The two scientists stood shoulder to shoulder with President Bill Clinton in the East Room of the White House, the same room where the American explorers Meriwether Lewis and William Clark unfurled their map of the Northwest Territories for Thomas Jefferson. Like Lewis and Clark 200 years before them, the scientists were explorers of a newly discovered landscape and they, too, had just completed their own draft map of an unknown world.
Francis Collins and Craig Venter had been, in fact, rivals in the race to decode the human genome, but they had been cajoled into making a very public "truce" in a joint transatlantic press conference with Tony Blair in Downing Street.
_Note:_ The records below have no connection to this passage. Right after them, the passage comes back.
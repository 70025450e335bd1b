-- ===== src/Bootstrap/Coordinator/Execute.antt =====
-- internal/bootstrap/cluster.go: the calls that execute a step.
use sovereignite.Base.{Option, none, some, [], ◌∷◌}
use sovereignite.Bootstrap.Step.{
  Step, tpm_key_manager_ca_signing, kubelet_config, calico_ipv6, istio_ingress, spire_tpm_config,
  initialize_api_server, wait_control_plane, apply_cluster_configs, mark_complete, kubernetes,
  calico, istio, spire, dex,
}
use sovereignite.Bootstrap.Error.{Result, ok, err, dependency_failed, unknown_step}
use sovereignite.Bootstrap.Journal.{Observation, Evidence, Journal}
use sovereignite.Bootstrap.Request.{
  Operation, Action, ensure_signing, prepare_kubelet, prepare_ipv6, prepare_ingress, prepare_tpm,
  reconcile, reconcile_dex, check_ready,
}
use sovereignite.Bootstrap.Machine.{Env, M, pure, raise, ◌>>=◌, ◌>>◌}
use sovereignite.Bootstrap.Coordinator.Requests.{
  Coordinator, operation, ca_request, spire_request, dex_request,
}
use sovereignite.Bootstrap.Coordinator.Verify.{verify_completed}

abbrev pub observed : Option Observation → Result Observation
observed none = err dependency_failed
observed (some o) = ok o

module _ (e : Env) (c : Coordinator) where
  -- One call of a dependency, entered into the trace with the journal's file as it is.
  unfoldable pub perform : Action → M e.World Observation
  perform a s =
      let (r, w) = e.call a s.world in
      (observed r, record s { world = w; trace = record { action = a; file = s.file } ∷ s.trace })

  -- `evidenceOf(observation), err`.
  unfoldable pub perform_one : Action → M e.World Evidence
  perform_one a = do o ← perform a; pure (o ∷ [])

  unfoldable pub apply_cluster_configs_all : Operation → M e.World Evidence
  apply_cluster_configs_all op = do
    k ← perform (reconcile kubernetes op c.config.artifacts.cluster)
    n ← perform (reconcile calico op c.config.artifacts.calico)
    i ← perform (reconcile istio op c.config.artifacts.istio)
    s ← perform (reconcile spire op c.config.artifacts.spire)
    d ← perform (reconcile_dex op (dex_request c))
    pure (k ∷ n ∷ i ∷ s ∷ d ∷ [])

  unfoldable pub check_all_ready : Operation → M e.World Evidence
  check_all_ready op = do
    k ← perform (check_ready kubernetes op)
    n ← perform (check_ready calico op)
    i ← perform (check_ready istio op)
    s ← perform (check_ready spire op)
    d ← perform (check_ready dex op)
    pure (k ∷ n ∷ i ∷ s ∷ d ∷ [])

  unfoldable pub execute_operation : Step → Operation → Journal → M e.World Evidence
  execute_operation tpm_key_manager_ca_signing op j = perform_one (ensure_signing op (ca_request c))
  execute_operation kubelet_config op j =
      perform_one
        (prepare_kubelet op c.config.artifacts.kubelet c.config.authority.kubernetes_topology)
  execute_operation calico_ipv6 op j =
      perform_one (prepare_ipv6 op c.config.ula c.config.artifacts.calico)
  execute_operation istio_ingress op j =
      perform_one
        (prepare_ingress op c.config.artifacts.istio c.config.authority.ingress_token_flow)
  execute_operation spire_tpm_config op j = perform_one (prepare_tpm op (spire_request c))
  execute_operation initialize_api_server op j = perform_one (
      Action.initialize_api_server op c.config.artifacts.control_plane
        c.config.authority.kubernetes_topology)
  execute_operation wait_control_plane op j =
      perform_one (Action.wait_control_plane op c.config.artifacts.control_plane)
  execute_operation apply_cluster_configs op j = apply_cluster_configs_all op
  execute_operation mark_complete op j = do verify_completed e c j; check_all_ready op
  execute_operation (Step.other_step s) op j = raise (unknown_step (Step.other_step s))

  -- `executeStep`.
  unfoldable pub execute_step : Step → Journal → M e.World Evidence
  execute_step step j = execute_operation step (operation e.digests c j step) j
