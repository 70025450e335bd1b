-- ===== src/Bootstrap/Coordinator/Start.antt =====
-- internal/bootstrap/cluster.go: `StartBootstrap` and `GetStatus`.
use sovereignite.Base.{
  Bytes, codes, ℕ, zero, suc, Bool, true, false, Option, none, some, ◌==◌, is_some, length,
  get_elem?, if◌then◌else◌,
}
use sovereignite.Bootstrap.Step.{
  Step, tpm_key_manager_ca_signing, spire_tpm_config, mark_complete, ordered_steps, same_step,
}
use sovereignite.Bootstrap.Error.{Result, ok, err, panic, out_of_fuel}
use sovereignite.Bootstrap.Journal.{
  Time, Evidence, JournalState, in_progress, complete, Attempt, StepRecord, failure_action,
  failure_verification, failure_prepared, Failure, Journal,
}
use sovereignite.Bootstrap.Machine.{Env, M, pure, raise, lift, check, ask, ◌>>=◌, ◌>>◌, catch}
use sovereignite.Bootstrap.Store.{load}
use sovereignite.Bootstrap.Coordinator.Requests.{Coordinator, validate_evidence, require_compatible}
use sovereignite.Bootstrap.Coordinator.Verify.{
  verify_record, verify_completed, verification_failure_step,
}
use sovereignite.Bootstrap.Coordinator.Execute.{execute_step}
use sovereignite.Bootstrap.Coordinator.Commit.{
  advance_and_save, initialize_journal, begin_attempt, commit_step, fail_with, or_fail,
}

-- `time.Time{}`.
abbrev pub no_time : Time
no_time = record { instant = 0; utc = true }

abbrev pub is_failed : Journal → Bool
is_failed j = elim j.state [ JournalState.failed ↦ true | _ ↦ is_some j.failure ]

-- `journal.State != JournalComplete || journal.Failure != nil`.
abbrev pub is_not_complete : Journal → Bool
is_not_complete j = elim j.state [ JournalState.complete ↦ is_some j.failure | _ ↦ true ]

-- The order has nine steps, and the last round finds that none is left.
abbrev pub rounds : ℕ
rounds = 10

module _ (e : Env) (c : Coordinator) where
  unfoldable pub publish_prepared : M e.World (Unit {0})
  publish_prepared = do ask e.publish; ask e.verify_published

  -- The journal to go on with when it was there, and a new one when it was not.
  abbrev pub or_initialize : Option Journal → M e.World Journal
  or_initialize none = initialize_journal e c
  or_initialize (some j) = pure j

  unfoldable pub verify_or_fail : Journal → M e.World (Unit {0})
  verify_or_fail j =
      catch (verify_completed e c j) pure
        (λ er. fail_with e j (verification_failure_step j er) failure_verification er)

  abbrev pub publish_or_fail : Journal → M e.World (Unit {0})
  publish_or_fail j = or_fail e j spire_tpm_config failure_prepared publish_prepared

  -- `if len(journal.Steps) == len(orderedSteps) { … }`.
  unfoldable pub finish_complete : Journal → M e.World (Unit {0})
  finish_complete j =
      if is_not_complete j
      then (advance_and_save e j (record j { state = complete; failure = none; current = none })
          >> pure tt)
      else pure tt

  -- A failed transaction is resumed.
  unfoldable pub resume : Journal → M e.World Journal
  resume j =
      if is_failed j
      then advance_and_save e j (record j { state = in_progress; failure = none })
      else pure j

  abbrev pub unverified : Step → Evidence → StepRecord
  unverified step evidence = record { step = step; evidence = evidence; completed_at = no_time }

  abbrev pub publish_after : Step → Journal → M e.World (Unit {0})
  publish_after step j =
      if same_step step spire_tpm_config
      then or_fail e j step failure_prepared publish_prepared
      else pure tt

  -- One round of the loop: the journal after it.
  unfoldable pub run_step : Journal → Step → M e.World Journal
  run_step j step = do
    ask e.context_err
    begun ← begin_attempt e j step
    ask (e.after_intent step)
    evidence ← or_fail e begun step failure_action (execute_step e c step begun)
    or_fail e begun step failure_verification (check (validate_evidence c step evidence))
    or_fail e begun step failure_verification (verify_record e c (unverified step evidence) begun)
    ask (e.after_action step)
    committed ← commit_step e begun (unverified step evidence)
    ask (e.after_commit step)
    publish_after step committed
    pure committed

  -- `for len(journal.Steps) < len(orderedSteps) { … }`: the order has no step at or beyond its length.
  unfoldable pub run_steps : ℕ → Journal → M e.World (Unit {0})
  run_steps zero j = raise out_of_fuel
  run_steps (suc fuel) j =
      let rest = run_steps fuel in
      elim (get_elem? ordered_steps (length j.steps)) [
        | none ↦ pure tt
        | some step ↦ (run_step j step >>= rest)
      ]

  unfoldable pub continue_steps : Journal → M e.World (Unit {0})
  continue_steps j = do resumed ← resume j; run_steps rounds resumed

  abbrev pub publish_if_prepared : Journal → M e.World (Unit {0})
  publish_if_prepared j = if j.prepared then publish_or_fail j else pure tt

  -- `StartBootstrap`.
  unfoldable pub start_bootstrap : M e.World (Unit {0})
  start_bootstrap = do
    ask e.context_err
    loaded ← load e
    journal ← or_initialize loaded
    check (require_compatible c journal)
    verify_or_fail journal
    publish_if_prepared journal
    if length journal.steps == length ordered_steps
        then finish_complete journal
        else continue_steps journal

-- `StatusState` and `Status`; a message is the constant that the source returns.
pub data StatusState : Type 0 where
  status_not_started status_in_progress status_complete status_failed : StatusState

pub record Status : Type 0 where
  pub state : StatusState
  pub current_step : Step
  pub message : Bytes
  pub updated_at : Time

abbrev pub failed_status : Time → Option Failure → Result Status
failed_status t none = err panic
failed_status t (some f) =
    ok
      (record { state = status_failed; current_step = f.step; message = f.message; updated_at = t })

abbrev pub current_or_next : Option Attempt → Option Step → Result Step
current_or_next (some a) next = ok a.step
current_or_next none none = err panic
current_or_next none (some s) = ok s

abbrev pub progress_message : Bool → Bytes
progress_message true =
    codes "bootstrap prerequisites are prepared; cluster bootstrap is in progress"
progress_message false = codes "bootstrap prerequisites are not yet prepared"

abbrev pub in_progress_status : Journal → Step → Status
in_progress_status j step = record {
  state = status_in_progress;
  current_step = step;
  message = progress_message j.prepared;
  updated_at = j.updated_at;
}

abbrev pub progress_status : Journal → Result Step → Result Status
progress_status j (err er) = err er
progress_status j (ok step) = ok (in_progress_status j step)

-- The switch of `GetStatus`.
unfoldable pub status_of : JournalState → Journal → Result Status
status_of JournalState.complete j = ok (record {
  state = status_complete;
  current_step = mark_complete;
  message = codes "all nine bootstrap steps are verified complete";
  updated_at = j.updated_at;
})
status_of JournalState.failed j = failed_status j.updated_at j.failure
status_of _ j =
    progress_status j (current_or_next j.current (get_elem? ordered_steps (length j.steps)))

abbrev pub not_started : Status
not_started = record {
  state = status_not_started;
  current_step = tpm_key_manager_ca_signing;
  message = codes "bootstrap has not started";
  updated_at = no_time;
}

module _ (e : Env) (c : Coordinator) where
  abbrev pub report : Option Journal → M e.World Status
  report none = pure not_started
  report (some j) = do check (require_compatible c j); lift (status_of j.state j)

  -- `GetStatus`.
  unfoldable pub get_status : M e.World Status
  get_status = do ask e.context_err; loaded ← load e; report loaded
Venter, the leader of the privately run project, and Collins, the government scientist, stood together to explain that humanity was now able to read, for the first time, the genetic map describing the detailed coordinates of our DNA code.
Some have likened the human genome to a genetic blueprint; some describe it as the digital recipe for making a human being; others simply refer to it as the Book of Life. In fact, no metaphor quite fits the human genome, an encoded message comprised of some 3 billion "letters" of the four-letter genetic alphabet arranged in a well-defined sequence.
It was determining this precise sequence that took Collins and Venter - and thousands of other scientists - more than 10 years and $3bn to complete. It was a scientific magnum opus, the Apollo programme of biology, comparable to putting a man on the Moon. One British scientist compared the achievement to the invention of the wheel, arguing that the genome was an even greater feat.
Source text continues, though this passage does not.